# Don't know where to start the surrogacy process...



## vincent40 (Jun 10, 2010)

Hello all,

We are a gay couple who are very much committed to starting a family through surrogacy, but really don't know where to start and who to contact. 

Could anyone give me some helpful advice, or point me in the right direction? 
Many thanks in advance.

Vincent (and Paul)


----------



## ♀Craig♀ (Mar 11, 2010)

Hi Vincent
Hope all is well with you both?

Well, you. like us all who start out in surrogacy get a little lost when entering into surrogacy.
We joined a organisation that is no longer active (Thank goodness), we started talking to our surrogate on the group's forum, but only when we started speaking beyond the walls of the group did our angel offer us the chance to become daddies 

If you wanted wanted the safety net of using an organisation, then you have COTS or Surrogacy UK, but if you feel OK to stand your own ground and make your own way through surrogacy unaided, then there are many surrogacy support forums in the UK.
Personally, i would refrain from replying to any adverts that you see on-line.... But each to there own i guess, i have known of successful journeys using that method.

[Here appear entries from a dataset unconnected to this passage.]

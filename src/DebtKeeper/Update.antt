-- ===== src/DebtKeeper/Update.antt =====
-- rita/src/rita_common/debt_keeper/mod.rs: `DebtKeeper::send_update`, which decides once a round
-- whether a peer is suspended, paid or left alone.
use althea_rs.Prelude.{
  ℕ, ◌+◌, ◌/◌, Bool, true, false, Option, none, some, ltb, ◌==◌, ◌&&◌, if◌then◌else◌,
}
use althea_rs.Prelude.Int.{ltb_ℤ}
use althea_rs.Prelude.Outcome.{ok, panic, pure, unwrap, or_raise, modify, ◌>>=◌, ◌>>◌}
use althea_rs.Num256.{Num256}
use althea_rs.AltheaTypes.{Identity}
use althea_rs.Settings.{PaymentSettings}
use althea_rs.Time.{Instant, elapsed_over}
use althea_rs.PaymentValidator.Validator.{payment_timeout}
use althea_rs.DebtKeeper.Peer.{
  DebtAction, suspend_tunnel, open_tunnel, make_payment, debt_not_unsigned, NodeDebtData, Method,
  debt_limit, payment_received,
}

module _ (num : Num256) (settings : PaymentSettings) (now : Instant) (ident : Identity) where
  open num use {uint256, to_uint256}
  open settings use {
    close_threshold, pay_threshold, fudge_factor, debt_limit_enabled,
    apply_incoming_credit_immediately,
  }

  -- `if debt_limit_enabled { ... }`
  unfoldable pub limit_debt : Method (Unit {0})
  limit_debt d =
      if debt_limit_enabled
      then (do
        debt ← unwrap (debt_limit num d.debt close_threshold)
        modify λ e. record e { debt = debt })
          d
      else (ok tt, d)

  -- A zero payment, which applies the credit that is left.
  unfoldable pub apply_credit : Method DebtAction
  apply_credit = do
    modify λ d. record d { action = open_tunnel }
    payment_received num 0
    pure open_tunnel

  unfoldable pub suspend : Method DebtAction
  suspend d =
      if ltb 0 d.incoming_payments
      then apply_credit d
      else (ok suspend_tunnel, record d { action = suspend_tunnel })

  unfoldable pub open_up : Method DebtAction
  open_up d =
      if apply_incoming_credit_immediately && ltb 0 d.incoming_payments
      then apply_credit d
      else (ok open_tunnel, record d { action = open_tunnel })

  -- The fudge factor, where it is not zero, adds a fraction of the payment.
  unfoldable pub overpay : ℕ → Option ℕ
  overpay to_pay =
      if fudge_factor == 0 then some to_pay else uint256 (to_pay + to_pay / fudge_factor)

  unfoldable pub start_payment : Method DebtAction
  start_payment = do
    owed ← λ d. or_raise (to_uint256 d.debt) debt_not_unsigned d
    to_pay ← unwrap (overpay owed)
    modify λ d. record d {
      payment_in_flight = true;
      payment_in_flight_start = some now;
      action = make_payment ident to_pay;
    }
    pure (make_payment ident to_pay)

  unfoldable pub await_payment : Method DebtAction
  await_payment d =
      (ok open_tunnel, record (timed_out d.payment_in_flight_start) { action = open_tunnel })
    where
      timed_out : Option Instant → NodeDebtData
      timed_out (some start_time) =
          if elapsed_over now start_time payment_timeout
          then record d { payment_in_flight = false; payment_in_flight_start = none }
          else d
      timed_out none = record d { payment_in_flight = false }

  -- The `match` on `(should_close, should_pay, payment_in_flight)`.
  unfoldable pub act : Bool → Bool → Bool → Method DebtAction
  act true true _ = λ d. (panic, d)
  act true false _ = suspend
  act false true false = start_payment
  act false false _ = open_up
  act false true true = await_payment

  -- The tests look at the debt before it is limited.
  unfoldable pub send_update : Method DebtAction
  send_update d =
      (do
        limit_debt
        act (ltb_ℤ d.debt close_threshold) (ltb_ℤ pay_threshold d.debt) d.payment_in_flight)
        d
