-- ===== src/TunnelManager/Tunnel.antt =====
-- rita/src/rita_common/tunnel_manager/mod.rs: a tunnel and its state, and the searches in the list of
-- the tunnels to one neighbour. An `IpAddr` is the number that its bytes spell.
use Prim.Native.String.{String}
use text.Mathlib.Text.{◌==◌ as str_eq}
use althea_rs.Prelude.{
  ℕ, Bool, true, false, Option, none, some, List, [], ◌∷◌, ◌==◌, ◌&&◌, ◌||◌, if◌then◌else◌,
}
use althea_rs.AltheaTypes.{Identity, LocalIdentity, local_identity_eq, txid_eq}
use althea_rs.Time.{Instant}

-- The actions that `DebtKeeper` sends are the last two.
pub data TunnelAction : Type 0 where
  membership_confirmed membership_expired payment_overdue paid_on_time : TunnelAction

pub record TunnelChange : Type 0 where
  pub identity : Identity
  pub action : TunnelAction

pub data RegistrationState : Type 0 where
  not_registered registered : RegistrationState

pub data PaymentState : Type 0 where
  paid overdue : PaymentState

pub record Tunnel : Type 0 where
  pub ip : ℕ
  pub iface_name : String
  pub listen_ifidx : ℕ
  pub listen_port : ℕ
  pub neigh_id : LocalIdentity
  pub last_contact : Instant
  pub speed_limit : Option ℕ
  pub light_client_details : Option ℕ
  pub payment_state : PaymentState
  pub registration_state : RegistrationState

abbrev pub payment_state_eq : PaymentState → PaymentState → Bool
payment_state_eq paid paid = true
payment_state_eq paid overdue = false
payment_state_eq overdue paid = false
payment_state_eq overdue overdue = true

abbrev pub registration_state_eq : RegistrationState → RegistrationState → Bool
registration_state_eq not_registered not_registered = true
registration_state_eq not_registered registered = false
registration_state_eq registered not_registered = false
registration_state_eq registered registered = true

-- The derived `PartialEq`.
unfoldable pub tunnel_eq : Tunnel → Tunnel → Bool
tunnel_eq a b =
    a.ip == b.ip
    && str_eq a.iface_name b.iface_name
    && a.listen_ifidx == b.listen_ifidx
    && a.listen_port == b.listen_port
    && local_identity_eq a.neigh_id b.neigh_id
    && a.last_contact == b.last_contact
    && txid_eq a.speed_limit b.speed_limit
    && txid_eq a.light_client_details b.light_client_details
    && payment_state_eq a.payment_state b.payment_state
    && registration_state_eq a.registration_state b.registration_state

-- `Tunnel::new`, at the time `now`.
unfoldable pub new_tunnel : Instant → ℕ → String → ℕ → ℕ → LocalIdentity → Option ℕ → Tunnel
new_tunnel now ip iface_name our_listen_port ifidx their_id light_client_details = record {
  ip = ip;
  iface_name = iface_name;
  listen_ifidx = ifidx;
  listen_port = our_listen_port;
  neigh_id = their_id;
  last_contact = now;
  speed_limit = none;
  light_client_details = light_client_details;
  payment_state = paid;
  registration_state = registered;
}

unfoldable pub have_tunnel_by_ip : ℕ → List Tunnel → Bool
have_tunnel_by_ip ip [] = false
have_tunnel_by_ip ip (tunnel ∷ tunnels) = tunnel.ip == ip || have_tunnel_by_ip ip tunnels

unfoldable pub have_tunnel_by_ifidx : ℕ → List Tunnel → Bool
have_tunnel_by_ifidx ifidx [] = false
have_tunnel_by_ifidx ifidx (tunnel ∷ tunnels) =
    tunnel.listen_ifidx == ifidx || have_tunnel_by_ifidx ifidx tunnels

unfoldable pub get_tunnel_by_ifidx : ℕ → List Tunnel → Option Tunnel
get_tunnel_by_ifidx ifidx [] = none
get_tunnel_by_ifidx ifidx (tunnel ∷ tunnels) =
    if tunnel.listen_ifidx == ifidx then some tunnel else get_tunnel_by_ifidx ifidx tunnels

-- Every tunnel that equals the given one goes.
unfoldable pub del_tunnel : Tunnel → List Tunnel → List Tunnel
del_tunnel to_del [] = []
del_tunnel to_del (tunnel ∷ tunnels) =
    if tunnel_eq tunnel to_del
    then del_tunnel to_del tunnels
    else tunnel ∷ del_tunnel to_del tunnels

If you would like some info on the forums that surrogates and ip's use in the UK, let me know and i will PM you a few.

Good luck, and I'm sure you will soon settle into the surrogacy community, there are lots of amazing and lovely people around who will help and guide you  along your way.

Craig x


----------



## Jo (Mar 22, 2002)

Hi Vincent and Paul, I just want to wish you all the best in finding your surrogate that will make you become a family 

Good Luck and just ask if you need to know anything 

love Jo
x x


----------